Fat out issue at 115 F

  • Anyone ever have issues with fat out at temps lower than the normal (160 F). Got a heritage breed sow from a farm - not store bought pork shoulder like we normally use - and everything we have made that was cured / smoked has had fat out at very low temps. Never had this issue with anything we have made before. Any ideas?

  • Do you know what breed the hog was? Some breeds are known as lard breeds. They are bred more for the use of the lard rather then the meat. While processing these types of hogs, their fat is extremely greasy even in cool temps and does even begin to render at room temperature. I haven’t personally cured or tried to smoke any meat from lard hogs, but would not be surprised if this was your issue. Try and find out the breed and do a little research on it.

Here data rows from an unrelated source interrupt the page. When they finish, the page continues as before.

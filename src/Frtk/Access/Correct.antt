-- ===== src/Frtk/Access/Correct.antt =====
-- What the operations that `PlanFieldWrites` of native/host/frtk_record_access.cpp plans do to the record.
use cfb27_lua_hook.Prelude.{
  ℕ, zero, suc, ◌+◌, ◌-◌, ◌≤◌, ◌<◌, ◌≡◌, refl, sym, ap, ◌∙◌, inl, inr, Bool, false, ◌&&◌, Option,
  none, some, List, [], ◌∷◌, ◌++◌, map, arith, ltb, leb, ◌==◌, if◌then◌else◌, Bool-cases, length,
  get_or, length-append,
}
use cfb27_lua_hook.Frtk.Access.Plan.{Run, extend, close, diff}

-- The byte at a position after the runs were written, by the list of bytes that each has.
module _ (bytes_of : Run → List ℕ) where
  abbrev pub covers : Run → ℕ → Bool
  covers run p = leb run.begin p && ltb p (run.begin + length (bytes_of run))

  unfoldable pub written : List Run → ℕ → ℕ → ℕ
  written [] p old = old
  written (run ∷ runs) p old =
      if covers run p then get_or (bytes_of run) (p - run.begin) 0 else written runs p old

get_or-append_lt :
    (xs : List ℕ) (y i : ℕ) → i < length xs → get_or (xs ++ y ∷ []) i 0 ≡ get_or xs i 0
get_or-append_lt [] y i h = absurd (omega arith)
get_or-append_lt (x ∷ xs) y zero h = refl
get_or-append_lt (x ∷ xs) y (suc i) h = get_or-append_lt xs y i (omega arith)

get_or-append_last : (xs : List ℕ) (y : ℕ) → get_or (xs ++ y ∷ []) (length xs) 0 ≡ y
get_or-append_last [] y = refl
get_or-append_last (x ∷ xs) y = get_or-append_last xs y

get_or-cons :
    (y : ℕ) (ys : List ℕ) (p index : ℕ)
    → index < p
    → get_or (y ∷ ys) (p - index) 0 ≡ get_or ys (p - (index + 1)) 0
get_or-cons y ys p index h = let e : p - index ≡ suc (p - (index + 1)) = omega arith in rw e refl

get_or-here : (y : ℕ) (ys : List ℕ) (p index : ℕ) → p ≡ index → get_or (y ∷ ys) (p - index) 0 ≡ y
get_or-here y ys p index h = let e : p - index ≡ 0 = omega arith in rw e refl

-- What is known of the old byte holds of the rest too.
rest_of :
    (x : ℕ) (xs : List ℕ) (p index old : ℕ)
    → (index ≤ p → old ≡ get_or (x ∷ xs) (p - index) 0)
    → index + 1 ≤ p
    → old ≡ get_or xs (p - (index + 1)) 0
rest_of x xs p index old h le = h (omega arith) ∙ get_or-cons x xs p index (omega arith)

-- An open run with one byte more.
extended :
    (run : Run) (x y p old : ℕ)
    → written (λ r. r.replacement) (extend run x y ∷ []) p old ≡ (
        if p == run.begin + length run.replacement
        then y
        else written (λ r. r.replacement) (run ∷ []) p old)
unfolding written extend
extended run x y p old =
    let size = length-append run.replacement (y ∷ []) in
    elim (Bool-cases (p == run.begin + length run.replacement)) [
      | inl last ↦
          let at : p - run.begin ≡ length run.replacement = ground arith in
          ground (
            arith,
            size,
            get_or-append_last run.replacement y,
            ap (λ (i : ℕ). get_or (run.replacement ++ y ∷ []) i 0) at,
          )
      | inr other ↦ ground (arith, size, get_or-append_lt run.replacement y (p - run.begin))
    ]

-- An open run ends where the rest begins.
abbrev Reaches : ℕ → Option Run → Type 0
Reaches index none = Unit {0}
Reaches index (some run) = run.begin + length run.replacement ≡ index

-- The byte there after the runs, where the rest is `ys`.
abbrev meant : ℕ → Option Run → List ℕ → ℕ → ℕ → ℕ
meant index open_run ys p old =
    if ltb p index
    then written (λ r. r.replacement) (close open_run) p old
    else get_or ys (p - index) 0

diff-written :
    (index : ℕ) (open_run : Option Run) (xs ys : List ℕ) (p old : ℕ)
    → Reaches index open_run
    → length xs ≡ length ys
    → (index ≤ p → old ≡ get_or xs (p - index) 0)
    → written (λ r. r.replacement) (diff index open_run xs ys) p old ≡ meant index open_run ys p old
unfolding diff written extend
diff-written index none [] [] p old r e h = ground (arith, h)
diff-written index (some run) [] [] p old r e h = ground (arith, h)
diff-written index open_run [] (y ∷ ys) p old r e h = absurd (omega arith)
diff-written index open_run (x ∷ xs) [] p old r e h = absurd (omega arith)
diff-written index none (x ∷ xs) (y ∷ ys) p old r e h =
    let later = rest_of x xs p index old h in
    elim (Bool-cases (x == y)) [
      | inl same ↦
          rw (same, diff)
            (ground (
              arith,
              diff-written (index + 1) none xs ys p old tt (omega arith) later,
              get_or-cons y ys p index,
              get_or-here y ys p index,
              get_or-here x xs p index,
              h,
            ))
      | inr differs ↦
          let run : Run = record { begin = index; expected = x ∷ []; replacement = y ∷ [] } in
          rw (differs, diff)
            (ground (
              arith,
              diff-written (index + 1) (some run) xs ys p old refl (omega arith) later,
              get_or-cons y ys p index,
              get_or-here y ys p index,
              get_or-here y [] p index,
            ))
    ]
diff-written index (some run) (x ∷ xs) (y ∷ ys) p old r e h =
    let later = rest_of x xs p index old h in
    elim (Bool-cases (x == y)) [
      | inl same ↦
          rw (same, diff)
            (ground (
              arith,
              diff-written (index + 1) none xs ys p old tt (omega arith) later,
              get_or-cons y ys p index,
              get_or-here y ys p index,
              get_or-here x xs p index,
              h,
            ))
      | inr differs ↦
          let more = extend run x y in
          let reaches : more.begin + length more.replacement ≡ index + 1 =
            omega (arith, length-append run.replacement (y ∷ [])) in
          rw (differs, diff)
            (ground (
              arith,
              diff-written (index + 1) (some more) xs ys p old reaches (omega arith) later,
              extended run x y p old,
              get_or-cons y ys p index,
              get_or-here y ys p index,
            ))
    ]

-- The runs the other way round.
abbrev mirror : Run → Run
mirror run = record { begin = run.begin; expected = run.replacement; replacement = run.expected }

abbrev mirror_open : Option Run → Option Run
mirror_open none = none
mirror_open (some run) = some (mirror run)

eq_comm : (x y : ℕ) → (x == y) ≡ (y == x)
eq_comm x y = ground arith

diff-mirror :
    (index : ℕ) (open_run : Option Run) (xs ys : List ℕ)
    → length xs ≡ length ys
    → diff index (mirror_open open_run) ys xs ≡ map mirror (diff index open_run xs ys)
unfolding diff extend
diff-mirror index none [] [] e = refl
diff-mirror index (some run) [] [] e = refl
diff-mirror index open_run [] (y ∷ ys) e = absurd (omega arith)
diff-mirror index open_run (x ∷ xs) [] e = absurd (omega arith)
diff-mirror index none (x ∷ xs) (y ∷ ys) e = elim (Bool-cases (x == y)) [
  | inl same ↦ rw (eq_comm y x, same, diff) (diff-mirror (index + 1) none xs ys (omega arith))
  | inr differs ↦
      rw (eq_comm y x, differs, diff)
        (diff-mirror (index + 1)
          (some (record { begin = index; expected = x ∷ []; replacement = y ∷ [] })) xs ys
          (omega arith))
]
diff-mirror index (some run) (x ∷ xs) (y ∷ ys) e = elim (Bool-cases (x == y)) [
  | inl same ↦
      rw (eq_comm y x, same, diff)
        (ap (λ rs. mirror run ∷ rs) (diff-mirror (index + 1) none xs ys (omega arith)))
  | inr differs ↦
      rw (eq_comm y x, differs, diff)
        (diff-mirror (index + 1) (some (extend run x y)) xs ys (omega arith))
]

written-mirror :
    (runs : List Run) (p old : ℕ)
    → written (λ r. r.replacement) (map mirror runs) p old ≡ written (λ r. r.expected) runs p old
unfolding written
written-mirror [] p old = refl
written-mirror (run ∷ runs) p old =
    ap
      (λ (rest : ℕ).
        if covers (λ r. r.expected) run p then get_or run.expected (p - run.begin) 0 else rest)
      (written-mirror runs p old)

-- Writing each run's replacement over the one list gives the other, and writing each run's expected
-- bytes over the other gives the one.
pub written-diff :
    (xs ys : List ℕ) (p : ℕ)
    → length xs ≡ length ys
    → (written (λ r. r.replacement) (diff 0 none xs ys) p (get_or xs p 0) ≡ get_or ys p 0)
      × (written (λ r. r.expected) (diff 0 none xs ys) p (get_or ys p 0) ≡ get_or xs p 0)
written-diff xs ys p e =
    let at : p - 0 ≡ p = omega arith in
    let start : ltb p 0 ≡ false = ground arith in
    (
      diff-written 0 none xs ys p (get_or xs p 0) tt e (λ le. rw at refl) ∙ rw (start, at) refl,
      sym (written-mirror (diff 0 none xs ys) p (get_or ys p 0))
          ∙ ap (λ (rs : List Run). written (λ r. r.replacement) rs p (get_or ys p 0))
              (sym (diff-mirror 0 none xs ys e))
          ∙ diff-written 0 none ys xs p (get_or ys p 0) tt (sym e) (λ le. rw at refl)
          ∙ rw (start, at) refl,
    )
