-- ===== src/Frtk/Access/Guarded.antt =====
-- `FinalizeFieldTransaction` of native/host/frtk_record_access.cpp before `RunTransaction` of
-- native/host/memory_transaction.cpp.
use cfb27_lua_hook.Prelude.{
  ℕ, suc, ◌+◌, ◌≤◌, ◌<◌, String, ◌≡◌, refl, sym, ap, subst, ◌∙◌, inl, inr, true, false, Option,
  none, some, List, [], ◌∷◌, ◌++◌, map, arith, leb, Bool-cases, Option-cases, sum-cases, length,
  all, length-append, All, All-append, length-map,
}
use cfb27_lua_hook.Memory.Address.{uintptr_max, is_valid_transaction_id}
use cfb27_lua_hook.Memory.Transaction.{
  TransactionOperation, PreparedOperation, ok, max_transaction_operations, prepare, sort_ranges,
  ranges_of, has_overlap,
}
use cfb27_lua_hook.Memory.Transaction.Run.{check_request}
use cfb27_lua_hook.Frtk.Catalog.{CatalogEvidenceSnapshot, SessionCatalog}
use cfb27_lua_hook.Frtk.Access.{FieldWritePlan}
use cfb27_lua_hook.Frtk.Access.Finalize.{
  ConstraintRange, Gathered, internal_address, add_bytes, is_ill_formed, add_operation_constraints,
  add_operations, guard_operation, is_stale, gather, sort_constraint_ranges, merge_ranges,
  component_operations, is_over_limit, nothing_gathered, GuardedFieldTransaction, finalize_gathered,
  finalize_field_transaction,
}
use cfb27_lua_hook.Frtk.Access.Ordered.{
  IsRange, sort_constraint_ranges-Sorted, merge_ranges-Apart, length-merge_ranges,
}
use cfb27_lua_hook.Frtk.Access.Accepted.{
  AreFor, component_operations-AreFor, prepare-AreFor, sort_ranges-Apart, has_overlap-Apart,
}

-- Ranges with bytes in them, some if something was gathered.
abbrev Gathers : ℕ → Gathered → Gathered → Type 0
Gathers more before after =
    (All IsRange before.ranges → All IsRange after.ranges)
    × (0 < more + length before.ranges → 0 < length after.ranges)

is_ill_formed-IsRange :
    (op : TransactionOperation) (a : ℕ)
    → is_ill_formed op a ≡ false
    → IsRange (record { begin = a; end = a + length op.expected })
unfolding is_ill_formed
is_ill_formed-IsRange op a h = (
  ground arith,
  elim (Bool-cases (leb (length op.expected) uintptr_max)) [
    | inl short ↦ inl (ground arith)
    | inr long ↦ inr (ground arith)
  ],
)

add_operation_constraints-Gathers :
    (op : TransactionOperation) (g g' : Gathered)
    → add_operation_constraints op g ≡ some g'
    → Gathers 1 g g'
unfolding add_operation_constraints
add_operation_constraints-Gathers op g g' h = elim (Option-cases (internal_address op.address)) [
  | inl bad ↦ absurd (ground arith)
  | inr (a, parsed) ↦ elim (Bool-cases (is_ill_formed op a)) [
    | inl ill ↦ absurd (ground arith)
    | inr well ↦ elim (Option-cases (add_bytes a op.expected op.replacement g.constraints)) [
      | inl ambiguous ↦ absurd (ground arith)
      | inr (cs, added) ↦
          let r : ConstraintRange = record { begin = a; end = a + length op.expected } in
          let built : g.ranges ++ r ∷ [] ≡ g'.ranges = ground arith in
          (
            λ all.
                subst (All IsRange) built
                  (All-append IsRange g.ranges (r ∷ []) all (is_ill_formed-IsRange op a well, tt)),
            λ pos.
                subst (λ (rs : List ConstraintRange). 0 < length rs) built
                  (omega (arith, length-append g.ranges (r ∷ []))),
          )
    ]
  ]
]

add_operations-Gathers :
    (ops : List TransactionOperation) (g g' : Gathered)
    → add_operations ops g ≡ some g'
    → Gathers (length ops) g g'
unfolding add_operations
add_operations-Gathers [] g g' h =
    let same : g ≡ g' = ground arith in
    subst (λ (x : Gathered). Gathers 0 g x) same (λ all. all, λ pos. omega arith)
add_operations-Gathers (op ∷ ops) g g' h = elim (Option-cases (add_operation_constraints op g)) [
  | inl bad ↦ absurd (ground arith)
  | inr (between, added) ↦
      let first = add_operation_constraints-Gathers op g between added in
      let rest = add_operations-Gathers ops between g' (ground (arith, added)) in
      (λ all. rest.0 (first.0 all), λ pos. rest.1 (omega (arith, first.1 (omega arith))))
]

gather-Gathers :
    (catalog : SessionCatalog) (first : CatalogEvidenceSnapshot) (plans : List FieldWritePlan)
    (g g' : Gathered)
    → gather catalog first plans g ≡ inr g'
    → Gathers (length plans) g g'
unfolding gather is_stale
gather-Gathers catalog first [] g g' h =
    let same : g ≡ g' = ground arith in
    subst (λ (x : Gathered). Gathers 0 g x) same (λ all. all, λ pos. omega arith)
gather-Gathers catalog first (plan ∷ plans) g g' h =
    elim (Bool-cases (is_stale catalog first plan)) [
      | inl stale ↦ absurd (ground arith)
      | inr current ↦
          let ops = map guard_operation plan.evidence.guards ++ plan.operations in
          elim (Option-cases (add_operations ops g)) [
            | inl ambiguous ↦ absurd (ground arith)
            | inr (between, added) ↦
                let size =
                  length-append (map guard_operation plan.evidence.guards) plan.operations in
                let guarded = length-map guard_operation plan.evidence.guards in
                let some_guards : 0 < length plan.evidence.guards = ground arith in
                let now = add_operations-Gathers ops g between added in
                let rest = gather-Gathers catalog first plans between g' (ground (arith, added)) in
                (
                  λ all. rest.0 (now.0 all),
                  λ pos. rest.1 (omega (arith, now.1 (omega (arith, size, guarded)))),
                )
          ]
    ]

length-AreFor :
    (rs : List ConstraintRange) (ops : List TransactionOperation)
    → AreFor rs ops
    → length ops ≡ length rs
unfolding AreFor
length-AreFor [] [] are = refl
length-AreFor [] (op ∷ ops) are = absurd are
length-AreFor (r ∷ rs) [] are = absurd are
length-AreFor (r ∷ rs) (op ∷ ops) are = ap suc (length-AreFor rs ops are.1)

check_request-ok :
    (id : List ℕ) (ops : List TransactionOperation) (ps : List PreparedOperation)
    → is_valid_transaction_id id ≡ true
    → 0 < length ops
    → length ops ≤ max_transaction_operations
    → prepare 0 ops ≡ ok ps
    → has_overlap (sort_ranges (ranges_of ps)) ≡ false
    → check_request (record { transaction_id = id; operations = ops }) ≡ ok ps
unfolding check_request
check_request-ok id ops ps valid pos few prepared apart = ground (arith, valid, prepared, apart)

check_request-finalize_gathered :
    (id : List ℕ) (g : Gathered)
    → is_valid_transaction_id id ≡ true
    → All IsRange g.ranges
    → 0 < length g.ranges
    → (finalize_gathered id g).ok ≡ true
    → (ps : List PreparedOperation) × (check_request (finalize_gathered id g).request ≡ ok ps)
unfolding finalize_gathered
check_request-finalize_gathered id g valid all pos h =
    let components = merge_ranges (sort_constraint_ranges g.ranges) in
    let apart =
      merge_ranges-Apart (sort_constraint_ranges g.ranges)
        (sort_constraint_ranges-Sorted g.ranges all) in
    let made = component_operations g.constraints [] components in
    elim (Option-cases made.0) [
      | inr (code, failed) ↦ absurd (ground arith)
      | inl through ↦
          let e : made ≡ (none, made.1) = ap (λ (c : Option String). (c, made.1)) through in
          let (more, whole, are, few) =
            component_operations-AreFor g.constraints [] components 0 made.1 apart (omega arith)
              e in
          elim (Bool-cases (is_over_limit 0 made.1)) [
            | inl over ↦ absurd (ground arith)
            | inr within ↦
                let (ps, prepared, ranges) = prepare-AreFor 0 components 0 more apart are (
                  subst (λ (ops : List TransactionOperation). is_over_limit 0 ops ≡ false) whole
                    within) in
                let some_operations : 0 < length more =
                  omega
                    (arith, length-AreFor components more are, length-merge_ranges g.ranges pos) in
                let no_overlap : has_overlap (sort_ranges (ranges_of ps)) ≡ false =
                  ap (λ rs. has_overlap (sort_ranges rs)) ranges
                  ∙ ap has_overlap (sort_ranges-Apart components 0 apart)
                  ∙ has_overlap-Apart components 0 apart in
                let accepted =
                  check_request-ok id more ps valid some_operations
                    (subst
                      (λ (ops : List TransactionOperation). length ops ≤ max_transaction_operations)
                      whole few)
                    prepared no_overlap in
                let request : (finalize_gathered id g).request
                    ≡ record { transaction_id = id; operations = more } =
                  ground (arith, through, whole, within) in
                (ps, ap check_request request ∙ accepted)
          ]
    ]

-- A transaction that `FinalizeFieldTransaction` lets through, with a legal id, passes every check that
-- `RunTransaction` makes before it calls the backend.
pub check_request-finalize_field_transaction :
    (catalog : SessionCatalog) (id : List ℕ) (plans : List FieldWritePlan)
    → is_valid_transaction_id id ≡ true
    → (finalize_field_transaction catalog id plans).ok ≡ true
    → (ps : List PreparedOperation) × (check_request
          (finalize_field_transaction catalog id plans).request
        ≡ ok ps)
unfolding finalize_field_transaction
check_request-finalize_field_transaction catalog id [] valid h = absurd (ground arith)
check_request-finalize_field_transaction catalog id (plan ∷ plans) valid h =
    elim (sum-cases (gather catalog plan.evidence (plan ∷ plans) nothing_gathered)) [
      | inl (code, failed) ↦ absurd (ground arith)
      | inr (g, gathered) ↦
          let ready =
            gather-Gathers catalog plan.evidence (plan ∷ plans) nothing_gathered g gathered in
          let made : finalize_field_transaction catalog id (plan ∷ plans) ≡ finalize_gathered id g =
            ground (arith, gathered) in
          let (ps, accepted) =
            check_request-finalize_gathered id g valid (ready.0 tt) (ready.1 (omega arith))
              (ap (λ (x : GuardedFieldTransaction). x.ok) (sym made) ∙ h) in
          (ps, ap (λ (x : GuardedFieldTransaction). check_request x.request) made ∙ accepted)
    ]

  • Deepwoodsbutcher thanks for the reply. I checked and one was a Tamworth and the other was a Wattle.

  • Team Blue

    FireHorse When you get that type of product, the only way is to cold smoke. That’s the only way I know is another guy in the business receives those after a talk. He also said that sausages from that batch really work out well in casserole type dinners (example: kraut, jambalya, etc) because of the fat out issue.

  • Team Blue Dry Cured Sausage Admin Walton's Employee Canning

    FireHorse Lets ask Departing Contestant if he has any ideas on what could be done? My initial thought was that it was a breed thing but maybe there is something to be done that would change this. If there is, I am guessing he will know!

  • Regular Contributors

    My only knowledge of Heritage Pork is that they are well marbled and have more fat. Most of the hogs I am familiar with are Yorkshire and a few odd Durocs.
    I can only repeat what I am told. If there is that much more fat in the heritage my thoughts are that you either need to trim the surface fat more, add more salt to bind, and mix longer. Deepwoodsbutcher has a good point. I remember Grandma talking about “Lard Hogs” they got for rendering and “good grease in the pan after frying sausage for frying bread and biscuits”.

  • Thanks. We butchered ourselves and i can say that the meat had a greasy feel to it. Never felt that with store bought pork shoulders for sure. We haven’t had any issues with fresh sausage recipes using this pork - they

  • Sorry hit button too soon - . . . They all turned out well. Anything we smoked or had to finish out (marianski’s recipe for mortadella di bologna for example) just oozed grease and finished products were less than desirable. Packaged them up for use in stews etc. as taste was good but . . . I wont use for snack sticks or summer sausage for sure. Thanks for feedback everyone.

  • zbigjeff appreciate the response. We opted to do just that with our andouille recipe. The first round we finished it out and we had fat out as explained. This time we opted to just cold smoke for a couple of hours and package up and finish these on the grill when we decide to eat them. They wept grease so much the smoke had a hard time sticking. However, they were much better that way just finishing them on the grill to eat. It will be interesting to see what happens to the pork bellies when we attempt bacon in a couple of weeks.

  • FireHorse were you able to hang and cool them before you processed them? Just wondering if that may have had anything to do with the issue.

  • Yes we hung and cooled them but maybe not enough. Thanks for raising that. Definitely will keep that in mind if we ever do this again.